Another dot in the blogosphere?

Curricular reduction is an oxymoron

Posted on: February 8, 2015

Thanks to a tweet from @ryantracey, I read this blog entry by @gregwhitby. The main issue that Whitby raised was:

It seems that whenever there is a need to change behaviours or address attitudes we look to the curriculum. Is this the role of a curriculum? Is it the responsibility of schools?

He concluded:

When there are vigorous calls to continually pare down the curriculum (similar to Singapore’s approach), why do we waste valuable time proposing ways of over-loading it?
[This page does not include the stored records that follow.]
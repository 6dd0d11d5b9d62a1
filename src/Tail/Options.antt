-- ===== src/Tail/Options.antt =====
-- The options of homework/hw2/1/tail.c and its `main`. `atoi` and `getopt` are parameters: `getopt`
-- gives for the arguments what its calls return one after the other, the argument of an "n" or
-- none for another option, and the arguments in the order in which it leaves them.
use linux_programming.Base.{
  ℕ, suc, ◌-◌, ◌^◌, ◌<◌, ◌≡◌, refl, ap, ◌∙◌, arith, false, List, [], ◌∷◌, Option, none, some,
  length, get_elem?, ◌||◌, ◌==◌, if◌then◌else◌,
}
use linux_programming.Cstr.{Bytes, codes}
use linux_programming.Coprocess.{ℤ, pos, negsuc}
use linux_programming.Tail.{tail}

-- `numLines` and `fileArgvIndex`.
pub record Choice : Type 0 where
  pub num_lines : ℤ
  pub file_argv_index : ℕ

abbrev pub default_choice : Choice
default_choice = record { num_lines = pos 10; file_argv_index = 1 }

-- How the program ends; `undefined` where the index is behind the arguments or a product is no
-- `int`.
pub data Ending : Type 0 where
  usage cannot_open undefined : Ending
  wrote : Bytes → Ending

-- The loop over the lines finds no line where `numLines` is below 1. `numLines - 1` is not bounded
-- here: it is no `int` where the argument of "-n" is the least one.
abbrev pub lines_of : ℤ → ℕ
lines_of (pos n) = n
lines_of (negsuc n) = 0

-- `n * -1`: above 0, or not, or no `int`, for the least one.
pub data Product : Type 0 where
  above : ℤ → Product
  not_above overflows : Product

abbrev pub opposite : ℤ → Product
opposite (pos n) = not_above
opposite (negsuc n) = if n == 2 ^ 31 - 1 then overflows else above (pos (suc n))

module _ (atoi : Bytes → ℤ) (getopt : List Bytes → List (Option Bytes) × List Bytes)
    (files : Bytes → Option Bytes) where
  -- The `while` over `getopt`.
  unfoldable pub choose : Choice → List (Option Bytes) → Choice
  choose c [] = c
  choose c (none ∷ opts) = choose c opts
  choose c (some arg ∷ opts) = choose (record { num_lines = atoi arg; file_argv_index = 3 }) opts

  -- `argc == 3 && atoi(argv[1]) * -1 > 0`, with the product.
  abbrev pub dash_number : List Bytes → Product
  dash_number (prog ∷ first ∷ file ∷ []) = opposite (atoi first)
  dash_number _ = not_above

  -- From the `open` on.
  unfoldable pub output : Choice → List Bytes → Ending
  output c argv = elim (get_elem? argv c.file_argv_index) [
    | none ↦ undefined
    | some name ↦ elim (files name) [
      | none ↦ cannot_open
      | some file ↦ wrote (tail (lines_of c.num_lines) file)
    ]
  ]

  unfoldable pub main : List Bytes → Ending
  unfolding choose output
  main argv = elim (dash_number argv) [
    | overflows ↦ undefined
    | above n ↦ output (record { num_lines = n; file_argv_index = 2 }) argv
    | not_above ↦
        if length argv == 2 || length argv == 4
        then output (choose default_choice (getopt argv).0) (getopt argv).1
        else usage
  ]

  choose_one :
      (num : Bytes) (n : ℤ)
      → atoi num ≡ n
      → choose default_choice (some num ∷ []) ≡ record { num_lines = n; file_argv_index = 3 }
  unfolding choose
  choose_one num n e = rw (choose, e) refl

  -- The three forms of the arguments, and the one that is refused.
  pub main-forms :
      (prog dash num other file content : Bytes) (k j : ℕ)
      → k < 2 ^ 31 - 1
      → files file ≡ some content
      → atoi dash ≡ negsuc k
      → atoi num ≡ pos (suc k)
      → atoi other ≡ pos j
      → getopt (prog ∷ codes "-n" ∷ num ∷ file ∷ [])
        ≡ (some num ∷ [], prog ∷ codes "-n" ∷ num ∷ file ∷ [])
      → getopt (prog ∷ file ∷ []) ≡ ([], prog ∷ file ∷ [])
      → (main (prog ∷ dash ∷ file ∷ []) ≡ wrote (tail (suc k) content))
        × (main (prog ∷ codes "-n" ∷ num ∷ file ∷ []) ≡ wrote (tail (suc k) content))
        × (main (prog ∷ file ∷ []) ≡ wrote (tail 10 content))
        × (main (prog ∷ other ∷ file ∷ []) ≡ usage)
  unfolding main
  main-forms prog dash num other file content k j small f d n o g g' = (
    rw (main, d) (rw (below k small) (rw (output, f) refl)),
    rw (main, g)
        (ap (λ c. output c (prog ∷ codes "-n" ∷ num ∷ file ∷ [])) (choose_one num (pos (suc k)) n)
          ∙ rw (output, f) refl),
    rw (main, g') (rw (output, f) refl),
    rw (main, o) refl,
  )
    where
      below : (k : ℕ) → k < 2 ^ 31 - 1 → (k == 2 ^ 31 - 1) ≡ false
      below k h = ground (arith, h)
In between, he raised good points of how schools could be providing just-in-time learning over just-in-case instruction as well as the role of parents in values-based education.

I was drawn to Whitby’s conclusion that briefly mentioned Singapore’s content and curricular reductions.

I was involved in one major curriculum reduction exercise here almost 20 years ago. The reason for this effort was to reduce instructional and assessment loads. This was also before our ICT Master Plans kicked off.

More recently, the reduction of curricula has happened to provide time and space for efforts like ICT integration and the infusion of less academic outcomes in order to nurture more holistic learners. At least, those are the official and administrative statements someone higher up in the hierarchy would make.

Any plan is only as good as its implementation. Fast forward to today and probably the most common complaint teachers still have is a lack of time to complete curricula. The situation is bad enough that the need for private tuition in Singapore continues to rise and the money thrown at this shadow schooling system might soon rival our official education budget.

Curricula may be reduced on paper, but the other initiatives that pushed out content in the first place now take disproportionately more time and effort. I have reflected on this phenomenon before, so I’ll not flog that horse [1] [2] [3] [4].

The quantity-oriented approach of curricular reduction without an accompanying increase in quality instruction and effective professional development of teachers is pointless. Nature abhors a vacuum and schools tend to fill up the time meant for innovation and reflection with traditional curricular endeavours.

When I meet with school leaders and middle managers, I ask them if they know what “curriculum” means. One of the Latin roots of “curriculum is “race”, as in foot race. The nature of curriculum is a race that teachers and students must complete within a limited time.

Content or curricular reductions do not work if the design remains a race: Limited time, same obstacles (or different ones that serve the same function of obstructing), single finish line.

If you were to take the pulse of stakeholders, I wager that you would detect the general feeling that there is so much more to learn today than there was in yesteryear. A content or curricular reduction seems counterintuitive. If there is more content, there should be more coverage in schools. The curricular race will then have more obstacles and twists and turns than before.

That is the wrong design solution to a misperceived problem. The problem is not the need to cover more content; it is to learn how to deal with more information that you can possibly learn. One solution is to think outside the curricular race course and focus more on thinking and just-in-time skills.

Curriculum then ceases to be relevant. The race is abandoned for something that resembles treks or personal journeys. Such paths have different start and end points and are not strict functions of time. Obstacles are natural and may or may not be anticipated.

This suggestion makes most politicians, policymakers, and administrators uneasy. Very little of this approach fits spreadsheets, Gantt charts, or statistical models. But if you realize that we will in a VUCA world, then we need VUCA strategies.

Curricular reduction is not only an oxymoron (it cannot happen by design and implementation), it is an old solution to a new problem. We do not need more of the same. We need something different.